(Stored data entries)
■ ■ ■

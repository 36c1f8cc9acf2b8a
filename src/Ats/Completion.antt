-- ===== src/Ats/Completion.antt =====
-- What the completion and the timeout of invalidation requests set free: `do_pending_iofence`,
-- `queue_any_blocked_ats_inval_req` (iommu_command_queue.c), `do_pending_iofence_inval_reqs`,
-- `handle_invalidation_completion` and `do_ats_timer_expiry` (iommu_ats.c).
use riscv_iommu_dv_model.Prelude.{
  ℕ, true, false, not, ◌&&◌, if◌then◌else◌, ◌≡◌, refl, ◌∙◌, ap, ◌⊎◌, inl, inr, arith, Bool-cases,
  ◌==◌, count, ◌≤◌, get_bits, ◌+◌, ◌≢◌, List, [], ◌∷◌, test_bit,
}
use riscv_iommu_dv_model.Iommu.{Iommu}
use riscv_iommu_dv_model.Iommu.Caches.{ItagTracker}
use riscv_iommu_dv_model.Iommu.Platform.{Platform, AtsMsg}
use riscv_iommu_dv_model.Ats.{
  Iofence, is_free, allocate_itag, any_ats_invalidation_requests_pending, do_iofence_c, advance_cqh,
  settle_cqcsr, do_pending_iofence, queue_any_blocked_ats_inval_req, do_pending_iofence_inval_reqs,
  pending_fence, pending_destination, handle_invalidation_completion, do_ats_timer_expiry, complete,
  is_expected, do_ats_msg,
}
use riscv_iommu_dv_model.Ats.Itag.{allocate_itag_lem, exhausted, fresh}
use riscv_iommu_dv_model.Ats.Fence.{fence_commit-wait, set_cmd_to-wait}

-- Nobody waits for nothing: a fence waits only for a pending request, and if no fence waits, a request
-- is blocked only while every tag is taken.
pub record IsSettled {W : Type 0} (t : Iommu W) : Type 0 where
  pub fence_has_reason :
      t.iofence_wait_pending_inv ≡ 1 → any_ats_invalidation_requests_pending t ≡ true
  pub stall_has_reason :
      t.iofence_wait_pending_inv ≡ 0
      → t.command_queue_stall_for_itag ≡ 1
      → count is_free t.itag_tracker ≡ 0

-- What the completion `m` has to be for a request: one that waits, of the same device and, where the
-- request names a segment, of that segment.
pub record Expects (t : ItagTracker) (m : AtsMsg) : Type 0 where
  pub waits : t.busy ≢ 0
  pub same_segment : (t.dsv ≢ 1) ⊎ ((m.dsv ≡ 1) × (m.dseg ≡ t.dseg))
  pub same_device : t.rid ≡ m.rid

-- Every request that the vector `v` names, counting from the tag `k` on, expects the completion.
pub AllExpect : AtsMsg → (v k : ℕ) → List ItagTracker → Type 0
AllExpect m v k [] = Unit
AllExpect m v k (t ∷ ts) = (test_bit v k ≡ true → Expects t m) × AllExpect m v (k + 1) ts

-- Some request that it names does not.
pub data IsUnexpected (m : AtsMsg) (v : ℕ) : ℕ → List ItagTracker → Type 0 where
  first :
      (k : ℕ) (t : ItagTracker) (ts : List ItagTracker)
      → test_bit v k ≡ true
      → ¬ Expects t m
      → IsUnexpected m v k (t ∷ ts)
  later :
      (k : ℕ) (t : ItagTracker) (ts : List ItagTracker)
      → IsUnexpected m v (k + 1) ts
      → IsUnexpected m v k (t ∷ ts)

is_expected-Expects : (m : AtsMsg) (t : ItagTracker) → is_expected m t ≡ true → Expects t m
is_expected-Expects m t h = record {
  waits = ground arith;
  same_segment = ground arith;
  same_device = ground arith;
}

Expects-is_expected : (m : AtsMsg) (t : ItagTracker) → Expects t m → is_expected m t ≡ true
Expects-is_expected m t h = ground (arith, h.waits, h.same_segment, h.same_device)

not_expected : (m : AtsMsg) (t : ItagTracker) → is_expected m t ≡ false → ¬ Expects t m
not_expected m t h k = let e = Expects-is_expected m t k in cc

module _ (m : AtsMsg) (v responses : ℕ) where
  complete-IsUnexpected :
      (k : ℕ) (ts : List ItagTracker)
      → (complete m v responses k ts).0 ≡ true
      → IsUnexpected m v k ts
  unfolding complete
  complete-IsUnexpected k [] h = absurd cc
  complete-IsUnexpected k (t ∷ ts) h = elim (Bool-cases (test_bit v k)) [
    | inr n ↦ later k t ts (complete-IsUnexpected (k + 1) ts (ground arith))
    | inl y ↦ elim (Bool-cases (is_expected m t)) [
      | inr n ↦ first k t ts y (not_expected m t n)
      | inl e ↦ later k t ts (complete-IsUnexpected (k + 1) ts (simp (y, e) at h))
    ]
  ]

  complete-AllExpect :
      (k : ℕ) (ts : List ItagTracker) → (complete m v responses k ts).0 ≡ false → AllExpect m v k ts
  unfolding complete AllExpect
  complete-AllExpect k [] h = tt
  complete-AllExpect k (t ∷ ts) h = elim (Bool-cases (test_bit v k)) [
    | inr n ↦ (λ y. absurd cc, complete-AllExpect (k + 1) ts (ground arith))
    | inl y ↦ elim (Bool-cases (is_expected m t)) [
      | inr n ↦ absurd (let x : true ≡ false = simp (y, n) at h in cc)
      | inl e ↦ (λ _. is_expected-Expects m t e, complete-AllExpect (k + 1) ts (simp (y, e) at h))
    ]
  ]

module _ {W : Type 0} (P : Platform W) where
  do_iofence_c-wait :
      (s : Iommu W) (f : Iofence)
      → any_ats_invalidation_requests_pending s ≡ false
      → (do_iofence_c P s f).1.iofence_wait_pending_inv ≡ 0
  unfolding do_iofence_c
  do_iofence_c-wait s f n =
      let ready : Iommu W = record s { iofence_wait_pending_inv = 0 } in
      elim (Bool-cases (s.ats_inv_req_timeout == 1)) [
        | inl y ↦ simp (n, y) (set_cmd_to-wait P ready)
        | inr m ↦ simp (n, m) (fence_commit-wait P ready f)
      ]

  settle_cqcsr-wait :
      (s : Iommu W) → (settle_cqcsr s).iofence_wait_pending_inv ≡ s.iofence_wait_pending_inv
  unfolding settle_cqcsr
  settle_cqcsr-wait s = ground arith

  do_pending_iofence-wait :
      (s : Iommu W)
      → any_ats_invalidation_requests_pending s ≡ false
      → (do_pending_iofence P s).iofence_wait_pending_inv ≡ 0
  unfolding do_pending_iofence advance_cqh
  do_pending_iofence-wait s n =
      let r = do_iofence_c P s (pending_fence s) in
      let free = do_iofence_c-wait s (pending_fence s) n in
      elim (Bool-cases (r.0 == 0)) [
        | inl y ↦ rw y (settle_cqcsr-wait (advance_cqh r.1) ∙ free)
        | inr m ↦ rw m (settle_cqcsr-wait r.1 ∙ free)
      ]

  queue_any_blocked_ats_inval_req-IsSettled :
      (s : Iommu W)
      → s.iofence_wait_pending_inv ≡ 0
      → IsSettled (queue_any_blocked_ats_inval_req P s)
  unfolding queue_any_blocked_ats_inval_req do_ats_msg
  queue_any_blocked_ats_inval_req-IsSettled s free =
      elim (Bool-cases (s.command_queue_stall_for_itag == 1)) [
        | inr n ↦ simp n (record {
          fence_has_reason = λ e. absurd (omega arith);
          stall_has_reason = λ _ e. absurd (ground arith);
        })
        | inl y ↦ elim (allocate_itag_lem s (pending_destination s)) [
          | exhausted none_free e ↦
              simp (y, e)
                (record {
                  fence_has_reason = λ k. absurd (omega arith);
                  stall_has_reason = λ _ _. none_free;
                })
          | fresh i ts e _ ↦
              let kept : (allocate_itag s (pending_destination s)).1.iofence_wait_pending_inv ≡ 0 =
                rw e free in
              simp (y, ap (λ r. r.0) e)
                (record {
                  fence_has_reason = λ k. absurd (omega (arith, kept));
                  stall_has_reason = λ _ k. absurd (omega arith);
                })
        ]
      ]

  requeue-IsSettled :
      (t : Iommu W)
      → (t.iofence_wait_pending_inv ≡ 0)
        ⊎ ((t.iofence_wait_pending_inv ≡ 1) × (any_ats_invalidation_requests_pending t ≡ true))
      → IsSettled
          (if t.iofence_wait_pending_inv == 0 then queue_any_blocked_ats_inval_req P t else t)
  requeue-IsSettled t (inl e) = simp e (queue_any_blocked_ats_inval_req-IsSettled t e)
  requeue-IsSettled t (inr (e, y)) =
      simp e (record { fence_has_reason = λ _. y; stall_has_reason = λ k. absurd (omega arith) })

  -- After a look at what waits, the state is settled: a fence that waits has a pending request to wait
  -- for, and if no fence waits, a blocked request stays blocked only where no tag is free. The
  -- waiting flag of the fence has to be 0 or 1.
  pub do_pending_iofence_inval_reqs-IsSettled :
      (s : Iommu W) → s.iofence_wait_pending_inv ≤ 1 → IsSettled (do_pending_iofence_inval_reqs P s)
  unfolding do_pending_iofence_inval_reqs
  do_pending_iofence_inval_reqs-IsSettled s flag =
      let stuck = any_ats_invalidation_requests_pending s in
      let t = if s.iofence_wait_pending_inv == 1 && not stuck then do_pending_iofence P s else s in
      requeue-IsSettled t (elim (Bool-cases (any_ats_invalidation_requests_pending s)) [
        | inl y ↦ elim (Bool-cases (s.iofence_wait_pending_inv == 1)) [
          | inl z ↦ rw (y, z) (inr (ground arith, y))
          | inr m ↦ rw m (inl (ground arith))
        ]
        | inr n ↦ elim (Bool-cases (s.iofence_wait_pending_inv == 1)) [
          | inl z ↦ rw (n, z) (inl (do_pending_iofence-wait s n))
          | inr m ↦ rw m (inl (ground arith))
        ]
      ])

  -- The expiry of the timers of any set of requests leaves the state settled, if the waiting flag of
  -- the fence is 0 or 1 before.
  pub do_ats_timer_expiry-IsSettled :
      (s : Iommu W) (itag_vector : ℕ)
      → s.iofence_wait_pending_inv ≤ 1
      → IsSettled (do_ats_timer_expiry P s itag_vector)
  unfolding do_ats_timer_expiry
  do_ats_timer_expiry-IsSettled s v flag = do_pending_iofence_inval_reqs-IsSettled _ flag

  -- A completion message is refused, and then nothing but the trackers changes, only where its vector names
  -- a request that does not expect it: a free tag, another device, or another segment than the request's. It
  -- is accepted only where all the requests that it names expect it, and leaves the state settled: no
  -- fence waits without a pending request, and no request is blocked while a tag is free. The waiting flag
  -- of the fence has to be 0 or 1.
  pub handle_invalidation_completion-IsSettled :
      (s : Iommu W) (m : AtsMsg)
      → s.iofence_wait_pending_inv ≤ 1
      → let r = handle_invalidation_completion P s m in
        let v = get_bits 31 0 m.payload in
        ((r.0 ≡ 1)
          × (IsUnexpected m v 0 s.itag_tracker
              × (r.1 ≡ record s { itag_tracker = r.1.itag_tracker })))
        ⊎ ((r.0 ≡ 0) × (AllExpect m v 0 s.itag_tracker × IsSettled r.1))
  unfolding handle_invalidation_completion
  handle_invalidation_completion-IsSettled s m flag =
      let v = get_bits 31 0 m.payload in
      let n = get_bits 34 32 m.payload in
      let r = complete m v n 0 s.itag_tracker in
      elim (Bool-cases r.0) [
        | inl y ↦ rw y (inl (refl, (complete-IsUnexpected m v n 0 s.itag_tracker y, refl)))
        | inr x ↦ rw x (
            inr (
              refl,
              (
                complete-AllExpect m v n 0 s.itag_tracker x,
                do_pending_iofence_inval_reqs-IsSettled _ flag,
              ),
            ))
      ]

■ ■ ■

**REQUIREMENT**
What are the lines above, starting at the one with "elim (Bool-cases (s.command_queue_stall_for_itag" and ending at the one with "let t = if s.iofence_wait_pending_inv"? Give them again exactly, and only them.

**RESPONSE**
      elim (Bool-cases (s.command_queue_stall_for_itag == 1)) [
        | inr n ↦ simp n (record {
          fence_has_reason = λ e. absurd (omega arith);
          stall_has_reason = λ _ e. absurd (ground arith);
        })
        | inl y ↦ elim (allocate_itag_lem s (pending_destination s)) [
          | exhausted none_free e ↦
              simp (y, e)
                (record {
                  fence_has_reason = λ k. absurd (omega arith);
                  stall_has_reason = λ _ _. none_free;
                })
          | fresh i ts e _ ↦
              let kept : (allocate_itag s (pending_destination s)).1.iofence_wait_pending_inv ≡ 0 =
                rw e free in
              simp (y, ap (λ r. r.0) e)
                (record {
                  fence_has_reason = λ k. absurd (omega (arith, kept));
                  stall_has_reason = λ _ k. absurd (omega arith);
                })
        ]
      ]

  requeue-IsSettled :
      (t : Iommu W)
      → (t.iofence_wait_pending_inv ≡ 0)
        ⊎ ((t.iofence_wait_pending_inv ≡ 1) × (any_ats_invalidation_requests_pending t ≡ true))
      → IsSettled
          (if t.iofence_wait_pending_inv == 0 then queue_any_blocked_ats_inval_req P t else t)
  requeue-IsSettled t (inl e) = simp e (queue_any_blocked_ats_inval_req-IsSettled t e)
  requeue-IsSettled t (inr (e, y)) =
      simp e (record { fence_has_reason = λ _. y; stall_has_reason = λ k. absurd (omega arith) })

  -- After a look at what waits, the state is settled: a fence that waits has a pending request to wait
  -- for, and if no fence waits, a blocked request stays blocked only where no tag is free. The
  -- waiting flag of the fence has to be 0 or 1.
  pub do_pending_iofence_inval_reqs-IsSettled :
      (s : Iommu W) → s.iofence_wait_pending_inv ≤ 1 → IsSettled (do_pending_iofence_inval_reqs P s)
  unfolding do_pending_iofence_inval_reqs
  do_pending_iofence_inval_reqs-IsSettled s flag =
      let stuck = any_ats_invalidation_requests_pending s in
      let t = if s.iofence_wait_pending_inv == 1 && not stuck then do_pending_iofence P s else s in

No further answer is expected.